3.2.3. Water surface displacements

Water surface displacements are obtained through numerical calculation for the trial cases where the craters are located at Point ➀ and Point ➂, the locations of which are shown in Figure 20, as well as for the above-described actual case on September 9, 1780, where the crater is located at Point ➁.

There are many submarine fumaroles in Kagoshima Bay, and an active volcano exists in Sakurajima, as shown in Figure 21. Sakurajima, where “sakura” means cherry, while “jima”, or “shima”, means island, in Japanese, was an isolated island prior to its violent eruption in 1914, when Sakurajima was connected to the Ohsumi Peninsula by the eruption with a large amount of ejecta. As shown in Figure 20, Point B is located in the West Sakurajima Channel, on the western side of which lies the most urban area in the prefecture, Kagoshima City.

Shown in Figure 22(a), and 22(b), are the numerical results for the water surface displacements at Point A, and Point B, indicated in Figure 20, respectively. The tsunami height for not only the first wave, but also the several following waves, is larger than 1.0 m at Point A, where it takes a longer time for the oscillation to attenuate because of multiple reflections of tsunamis at the bay head.

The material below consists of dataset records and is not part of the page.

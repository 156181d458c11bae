-- ===== src/PolicyResolver.antt =====
-- apps/runtime/citadel/services/policy_resolver.py: the policy that applies to an action, its
-- immutable snapshot, and the evaluation of its rules.
pub mod LogKept
pub mod Resolution
pub mod Evaluation
use ledger_sdk.Prelude.{
  ℕ, String, ℤ, pos, Bool, true, false, ◌||◌, Option, none, some, List, [], ◌∷◌, ◌==◌, ltb_ℤ,
  or_else, truthy, starts_with, has_text, split_second, int_of, unquoted, same_codes, codes,
  if◌then◌else◌, ◌<>◌,
}
use ledger_sdk.Values.{Value, Fields, boolean, number, get}
use ledger_sdk.Exec.{Exec, Result, ok, raised, exn, value_error, type_error, pure, lift, ◌>>=◌}
use ledger_sdk.Actions.{Action}
use ledger_sdk.PolicyRules.{
  Rule, Condition, condition_text, condition_dict, RulesJson, parsed, unparsed,
}
use ledger_sdk.Db.{App, Env, World, fresh, PolicyRow, SnapshotJson}
use ledger_sdk.Repository.{get_active_policy, save_policy_snapshot}

pub record PolicySnapshot : Type 0 where
  pub snapshot_id : String
  pub policy_id : String
  pub policy_version : String
  pub snapshot_hash : String
  pub snapshot_json : SnapshotJson

abbrev pub get_rules : PolicySnapshot → List Rule
get_rules s = s.snapshot_json.rules

rule_named : String → List Rule → Option Rule
rule_named n [] = none
rule_named n (r ∷ rs) = elim r.name [
  | none ↦ rule_named n rs
  | some m ↦ if m == n then some r else rule_named n rs
]

unfoldable pub get_rule : String → PolicySnapshot → Option Rule
unfolding rule_named
get_rule n s = rule_named n (get_rules s)

-- `if policy: return policy` in front of the next lookup.
abbrev pub or_next : {A : Type 0} → App (Option A) → App (Option A) → App (Option A)
or_next m next = m >>= elim [ none ↦ next | some a ↦ pure (some a) ]

-- The tenant's own policy is looked up only for a non-empty tenant.
unfoldable pub tenant_policy : Option String → App (Option PolicyRow)
tenant_policy none = pure none
tenant_policy (some t) =
    if truthy (some t) then get_active_policy "tenant" t (some t) else pure none

-- From the most specific scope to the global one.
unfoldable pub resolve_specific : Action → App (Option PolicyRow)
unfolding tenant_policy
resolve_specific action =
    let tid = action.tenant_id in
    or_next (get_active_policy "action" action.action_name tid) (
      or_next (get_active_policy "resource" action.resource tid) (
        or_next (get_active_policy "actor" action.actor_id tid)
          (or_next (tenant_policy tid) (get_active_policy "global" "*" none))))

-- `json.loads` where the column is a text.
unfoldable pub load_rules : Env → RulesJson → Result (List Rule)
load_rules env (parsed rules) = ok rules
load_rules env (unparsed s) = elim (env.loads s) [
  | some rules ↦ ok rules
  | none ↦ raised (exn value_error "Expecting value")
]

unfoldable pub create_snapshot : Env → PolicyRow → App PolicySnapshot
unfolding load_rules
create_snapshot env policy = do
  let version = policy.name <> ":" <> policy.version
  rules ← lift (load_rules env policy.rules_json)
  resolved_at ← fresh env
  let json : SnapshotJson = record {
    policy_id = policy.policy_id;
    name = policy.name;
    version = policy.version;
    scope_type = policy.scope_type;
    scope_value = policy.scope_value;
    rules = rules;
    resolved_at = resolved_at;
  }
  let hash = env.sha256 (env.dumps_snapshot json)
  snapshot_id ← save_policy_snapshot env policy.policy_id version hash json
  pure (record {
    snapshot_id = snapshot_id;
    policy_id = policy.policy_id;
    policy_version = version;
    snapshot_hash = hash;
    snapshot_json = json;
  })

unfoldable pub snapshot_of : Env → Option PolicyRow → App (Option PolicySnapshot)
snapshot_of env none = pure none
snapshot_of env (some policy) = do s ← create_snapshot env policy; pure (some s)

-- `none` where no policy applies, which allows by default.
unfoldable pub resolve : Env → Action → App (Option PolicySnapshot)
unfolding snapshot_of
resolve env action = do policy ← resolve_specific action; snapshot_of env policy

pub record PolicyEvaluationResult : Type 0 where
  pub matched : Bool
  pub effect : Option String
  pub rule_name : Option String
  pub reason : Option String
  pub risk_level : Option String
  pub risk_score : Option ℤ
  pub requires_approval : Bool

-- A value in an integer comparison: Booleans are integers, and others raise TypeError.
abbrev as_int : Value → Result ℤ
as_int (number n) = ok n
as_int (boolean true) = ok (pos 1)
as_int (boolean false) = ok (pos 0)
as_int v = raised (exn type_error "comparison not supported between instances")

-- `context.get('risk_score', 0)`
unfoldable pub risk_score_of : Fields → Result ℤ
unfolding get
risk_score_of context = elim (get "risk_score" context) [ none ↦ ok (pos 0) | some v ↦ as_int v ]

abbrev compare_with : (ℤ → ℤ → Bool) → ℤ → Result ℤ → Result Bool
compare_with test threshold (ok score) = ok (test score threshold)
compare_with test threshold (raised e) = raised e

-- A threshold that does not parse does not match; the comparison itself may raise.
unfoldable pub eval_threshold : (ℤ → ℤ → Bool) → String → String → Fields → Result Bool
eval_threshold test sep condition context = elim (split_second condition sep) [
  | none ↦ ok false
  | some part ↦ elim (int_of part) [
    | none ↦ ok false
    | some threshold ↦ compare_with test threshold (risk_score_of context)
  ]
]

-- The right-hand side of a name pattern, stripped of white space and then of quotes, against the
-- name; `split` always has a second part where the pattern begins with the operator.
unfoldable pub names : String → String → Bool
unfolding unquoted same_codes codes
names condition name = elim (split_second condition "==") [
  | none ↦ false
  | some part ↦ same_codes (codes name) (unquoted part)
]

unfoldable pub eval_text : String → Action → Fields → Result Bool
unfolding eval_threshold names
eval_text condition action context =
    if condition == "true"
    then ok true
    else if condition == "false"
    then ok false
    else if has_text condition "risk_score >"
    then eval_threshold (λ score t. ltb_ℤ t score) ">" condition context
    else if has_text condition "risk_score <"
    then eval_threshold (λ score t. ltb_ℤ score t) "<" condition context
    else if starts_with condition "action_name =="
    then ok (names condition action.action_name)
    else if starts_with condition "resource =="
    then ok (names condition action.resource)
    else ok false

-- `_eval_condition`; a dictionary of an unknown shape does not match.
unfoldable pub eval_condition : Condition → Action → Fields → Result Bool
unfolding eval_text
eval_condition (condition_dict always) action context = ok (or_else always false)
eval_condition (condition_text s) action context = eval_text s action context

abbrev no_match : PolicyEvaluationResult
no_match = record {
  matched = false;
  effect = none;
  rule_name = none;
  reason = none;
  risk_level = none;
  risk_score = none;
  requires_approval = false;
}

unfoldable pub rule_result : Rule → PolicyEvaluationResult
rule_result rule = record {
  matched = true;
  effect = some (or_else rule.effect "ALLOW");
  rule_name = some (or_else rule.name "unnamed");
  reason = some (or_else rule.reason "Rule matched");
  risk_level = some (or_else rule.risk_level "none");
  risk_score = some (or_else rule.risk_score (pos 0));
  requires_approval = or_else rule.requires_approval false;
}

abbrev pub if_matched : Rule → Result Bool → Result PolicyEvaluationResult
if_matched rule (ok true) = ok (rule_result rule)
if_matched rule (ok false) = ok no_match
if_matched rule (raised e) = raised e

unfoldable pub evaluate_rule : Rule → Action → Fields → Result PolicyEvaluationResult
evaluate_rule rule action context =
    if_matched rule
      (eval_condition (or_else rule.condition (condition_text "false")) action context)

abbrev pub default_allow : PolicyEvaluationResult
default_allow = record {
  matched = true;
  effect = some "ALLOW";
  rule_name = some "default_allow";
  reason = some "No blocking rules matched";
  risk_level = some "none";
  risk_score = some (pos 0);
  requires_approval = false;
}

-- The loop's body on the result of one rule, with what the other rules give.
abbrev pub first_match :
    Result PolicyEvaluationResult → Result PolicyEvaluationResult → Result PolicyEvaluationResult
first_match (ok r) rest = if r.matched then ok r else rest
first_match (raised e) rest = raised e

unfoldable pub evaluate_rules : List Rule → Action → Fields → Result PolicyEvaluationResult
evaluate_rules [] action context = ok default_allow
evaluate_rules (rule ∷ rules) action context =
    first_match (evaluate_rule rule action context) (evaluate_rules rules action context)

-- `PolicyEvaluator.evaluate`: the first rule that matches.
unfoldable pub evaluate : PolicySnapshot → Action → Fields → Result PolicyEvaluationResult
unfolding evaluate_rules
evaluate snapshot action context = evaluate_rules (get_rules snapshot) action context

Although Point ➂ is more distant from Point B than Point ➁, the maximum tsunami height at Point B, near the highest population area, is larger in the case where the crater is located at Point ➂ than that in the case where the crater appears at Point ➁; for in the former case, the wave energy is large for the wave component approaching Sakurajima in a direction oblique, or parallel, to the seashore of Sakurajima, resulting in a tsunami traveling along the shoreline of Sakurajima toward the west.

3.2.4. Distribution of the maximum water level

The numerical results for the distributions of the maximum water level η_max for 0.0 s ≤ t ≤ 2.0 × 10³ s, are shown in Figure 23(a)–23(d), where the crater locations are depicted with white circles off the north of Sakurajima, off Hayato, off Ryugamizu, and off Kurokami-cho, respectively. The still water depth at the crater, h, is assumed to be 1.0 × 10² m in all the cases, such that the value of the submarine explosive index concerning tsunami generation, V_w, is about 4.5 × 10⁴ (unit length in meter). The tsunamis propagation starts at t = 0.0 s. In every case, the maximum water level η_max decreases at (x, y) ≈ (20.0 km, 14.0 km), for the still water depth is deeper, i.e., about 200 m at the location.

Figure 23 indicates that there are three areas where η_max increases, irrespective of the crater location, i.e., near the northern shore of Sakurajima, the bay head off Hayato, and near the western shore of the Ohsumi Peninsula, for the still water depth suddenly decreases toward the land near these three areas.

As shown in Figure 23(a), the tsunamis generated off the north of Sakurajima, travel toward the north, after reflecting at the northern shore of Sakurajima; while as shown in Figure 23(b), the tsunamis generated off Hayato, propagate toward the south, after the reflection at the bay-head shore. In the cases shown in Figure 23(c), and 23(d), however, the tsunamis generated off Ryugamizu, and Kurokami-cho, propagate toward the east, and west, respectively, where the maximum wave height of these components is larger.